Сегодня исполняется 85 лет со дня рождения выдающегося русского поэта Давида Самойлова. В канун этой даты с его сыном - писателем, главным редактором журнала Комментарии Александром Давыдовым побеседовал корреспондент.
- Говорят, что в ранние годы на Давида Самуиловича большое влияние оказал его отец. В чем оно заключалось? Имело ли это отношение к литературе?
- Дед умер, когда мне было четыре года, но я, конечно, его знал, я его хорошо помню. Его влияние на отца было как раз не литературное, а какое-то, я бы сказал, духовное. Это был очень светлый, хороший, высокодуховный человек. И то, что он заложил в Самойлова, - оно и проросло в его литературном творчестве. А вообще, когда дед узнал, что его сын собирается всерьез, профессионально заняться поэзией, он как-то не очень поверил, что это возможно. У него отношение к поэзии было очень возвышенное, старорежимное, он считал, что этим занимаются какие-то небожители. И что нужно приобретать простую жизненную профессию.
- При поступлении в Институт философии, литературы и истории Давид Самуилович собирался специализироваться по французской литературе. Он действительно ею занимался?
- Насчет французской литературы точно не знаю. Но французский он учил, знал его очень прилично, переводил, как известно, Аполлинера, и переводы Рембо были замечательные, скажем, Пьяного корабля. Но их было немного. В основном он, конечно, переводил поэзию восточной Европы. Диплома он, честно говоря, не получил. До войны он не закончил ИФЛИ, а потом был филфак Московского университета, там он учился до самого конца, но диплома не защитил, потому что надо было упоминать в каждой фразе Сталина и ему это претило.
- Был ли он из тех, для кого память о фронте играет определяющую роль всю оставшуюся жизнь? Ведь Самойлов - поэт фронтового поколения, хотя его, конечно, никак нельзя определить узким термином поэт-фронтовик.
- Вообще-то никого из крупных поэтов так определить нельзя. Конечно, война была величайшим событием в жизни их поколения, и осмысляли они ее потом, видимо, всю жизнь. Но они не были на этом зациклены.

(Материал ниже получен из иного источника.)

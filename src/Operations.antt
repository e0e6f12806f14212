-- ===== src/Operations.antt =====
-- The operations of src/context/durable_context/. Code outside the repository (the service, JSON,
-- SHA-256) and the user's functions are parameters.
pub mod Settles
pub mod Step
pub mod Wait
pub mod Child
pub mod Callback
pub mod Invoke
pub mod WaitCondition
pub mod Records
pub mod MapReplay
pub mod MapRun
use lambda_durable_execution.Base.{String, Option, some}
use lambda_durable_execution.Base.Result.{◌>>=◌, ◌>>◌}
use lambda_durable_execution.Base.Dict
use lambda_durable_execution.Types.{Operation, OperationType, OperationAction}
use lambda_durable_execution.Types.Builder.{OperationUpdateBuilder, builder}
use lambda_durable_execution.Context.{ExecutionContext}

-- What every update is built from. `parent_id` and `name` are set where they are known.
unfoldable pub update_builder :
    String
    → OperationType
    → String
    → OperationAction
    → Option String
    → Option String
    → OperationUpdateBuilder
unfolding builder
update_builder hashed_id t sub_type action parent_id name = record builder {
  id = some hashed_id;
  operation_type = some t;
  sub_type = some sub_type;
  action = some action;
  parent_id = parent_id;
  name = name;
}

-- `ExecutionContext::get_step_data`.
abbrev pub replayed : String → ExecutionContext → Option Operation
replayed hashed_id ctx = Dict.get hashed_id ctx.step_data
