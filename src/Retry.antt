-- ===== src/Retry.antt =====
-- src/retry/strategy.rs and src/retry/presets.rs. Floating-point numbers, random numbers and the
-- search in texts are parameters.
pub mod Presets
pub mod Attempts
use lambda_durable_execution.Base.{
  ℕ, ◌+◌, ◌-◌, String, Bool, true, false, not, Option, none, some, List, [], ◌∷◌, ltb, leb,
  if◌then◌else◌, is_empty, any, concat, show,
}
use lambda_durable_execution.Base.Int.{ℤ, as_i32}
use lambda_durable_execution.Base.Result.{◌>>=◌, ◌>>◌}
use lambda_durable_execution.Base.Dict
use lambda_durable_execution.Duration.{Duration, to_seconds, of_seconds, of_minutes}
use lambda_durable_execution.Errors.{BoxError}

pub record RetryDecision : Type 0 where
  pub should_retry : Bool
  pub delay : Option Duration
  pub reason : Option String

unfoldable pub retry_after : Duration → RetryDecision
retry_after d = record { should_retry = true; delay = some d; reason = none }

unfoldable pub retry_immediately : RetryDecision
retry_immediately = record { should_retry = true; delay = none; reason = none }

unfoldable pub no_retry : RetryDecision
no_retry = record { should_retry = false; delay = none; reason = none }

unfoldable pub no_retry_with_reason : String → RetryDecision
no_retry_with_reason r = record { should_retry = false; delay = none; reason = some r }

unfoldable pub with_reason : String → RetryDecision → RetryDecision
with_reason r d = record d { reason = some r }

-- `RetryStrategy::should_retry`: the error and the attempts made, a `u32`.
abbrev pub RetryStrategy : Type 0
RetryStrategy = BoxError → ℕ → RetryDecision

-- `JitterStrategy::None` is `no_jitter`.
pub data JitterStrategy : Type 0 where
  no_jitter full half equal : JitterStrategy

-- The `f64` operations and the random numbers of the rand crate that the delays use.
pub record Float (F : Type 0) : Type 0 where
  -- The literal with this numerator and denominator.
  pub literal : ℕ → ℕ → F
  pub of_u64 : ℕ → F
  pub mul : F → F → F
  pub add : F → F → F
  pub div : F → F → F
  pub powi : F → ℤ → F
  pub minimum : F → F → F
  pub maximum : F → F → F
  -- `round() as u32`.
  pub round_u32 : F → ℕ
  pub random_range : F → F → F

-- `str::to_lowercase` and `str::contains`.
pub record Search : Type 0 where
  pub to_lowercase : String → String
  pub contains : String → String → Bool

pub record ExponentialBackoff (F : Type 0) : Type 0 where
  pub max_attempts : ℕ
  pub initial_delay : Duration
  pub max_delay : Duration
  pub backoff_rate : F
  pub jitter : JitterStrategy
  pub retryable_patterns : List String

module _ {F : Type 0} (f : Float F) where
  unfoldable pub jittered : JitterStrategy → F → F
  jittered JitterStrategy.no_jitter capped = capped
  jittered JitterStrategy.full capped = f.random_range (f.literal 0 1) capped
  jittered JitterStrategy.half capped = f.random_range (f.div capped (f.literal 2 1)) capped
  jittered JitterStrategy.equal capped =
      let half = f.div capped (f.literal 2 1) in f.add half (f.random_range (f.literal 0 1) half)

  unfoldable pub calculate_delay : ExponentialBackoff F → ℕ → Duration
  unfolding jittered to_seconds of_seconds
  calculate_delay b attempts_made =
      let base =
        f.mul (f.of_u64 (to_seconds b.initial_delay))
          (f.powi b.backoff_rate (as_i32 (attempts_made - 1))) in
      let capped = f.minimum base (f.of_u64 (to_seconds b.max_delay)) in
      of_seconds (f.round_u32 (f.maximum (jittered b.jitter capped) (f.literal 1 1)))

  module _ (search : Search) where
    unfoldable pub is_error_retryable : ExponentialBackoff F → BoxError → Bool
    is_error_retryable b e =
        if is_empty b.retryable_patterns
        then true
        else any (λ p. search.contains (search.to_lowercase e.message) (search.to_lowercase p))
            b.retryable_patterns

    unfoldable pub exponential : ExponentialBackoff F → RetryStrategy
    unfolding is_error_retryable calculate_delay no_retry_with_reason retry_after with_reason
    exponential b e attempts_made =
        if leb b.max_attempts attempts_made
        then no_retry_with_reason
            (concat ("Max attempts (" ∷ show b.max_attempts ∷ ") exceeded" ∷ []))
        else if not (is_error_retryable b e)
        then no_retry_with_reason "Error not retryable"
        else with_reason
            (concat ("Attempt " ∷ show (attempts_made + 1) ∷ " of " ∷ show b.max_attempts ∷ []))
            (retry_after (calculate_delay b attempts_made))

  -- The builder's defaults.
  unfoldable pub default_builder : ExponentialBackoff F
  unfolding of_seconds of_minutes
  default_builder = record {
    max_attempts = 3;
    initial_delay = of_seconds 1;
    max_delay = of_minutes 5;
    backoff_rate = f.literal 2 1;
    jitter = JitterStrategy.full;
    retryable_patterns = [];
  }

unfoldable pub fixed : ℕ → RetryStrategy
unfolding retry_immediately no_retry
fixed max_attempts e attempts_made =
    if ltb attempts_made max_attempts then retry_immediately else no_retry

unfoldable pub never : RetryStrategy
unfolding no_retry
never e attempts_made = no_retry

unfoldable pub constant : ℕ → Duration → RetryStrategy
unfolding retry_after no_retry
constant max_attempts d e attempts_made =
    if ltb attempts_made max_attempts then retry_after d else no_retry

- Кого он ценил из поэтов этой плеяды?
- Можно назвать Юрия Левитанского, который, кстати, как-то от этой темы отстранялся и подчеркивал, что война - не единственное событие в его жизни. Ценил рано умершего Семена Гудзенко - они дружили, ценил военные стихи Александра Межирова.
- А кого выделял из старших современников?
- Он считал себя учеником Сельвинского. Но в первую очередь ценил Пастернака. В дальнейшем у него были сложные внутренние отношения с Пастернаком, но первая влюбленность была, конечно, в него. Он и с Ахматовой был в дружеских отношениях, естественно, очень высоко ставя и ее.
- Учениками своими кого-то считал?
- Ученики у него были даже официальные - он довольно долго вел семинар молодых поэтов при Союзе писателей. Самым любимым его учеником, хотя и не в поэзии, а, так сказать, по жизни был Анатолий Якобсон, известный диссидент, литературовед, переводчик. Еще он очень высоко ценил Анну Наль - жену Александра Городницкого. Вообще он многих называл своими учениками. А еще большее количество людей называло его учениками себя, хотя из этих ничего великого не получилось.
- Осталось ли неопубликованное наследие?
- Вы знаете, вообще он всегда говорил, что пишет мало. Даже упрекал себя в стихах: Пишу я редко и мало. На самом деле остался большой архив, его исследовал и я, и его вдова Галина Ивановна Медведева. Там мы обнаружили огромное количество стихов. Но они уже практически все опубликованы - десятки, если не сотни стихотворений, и, кстати, среди них есть отличные. Даже, как говорили, какой-то второй Самойлов открылся. А скоро в Петербурге должен выйти большой том Библиотеки поэта, где будет напечатано практически все, что он написал. Но это будет именно лирика, не поэмы - так мы решили.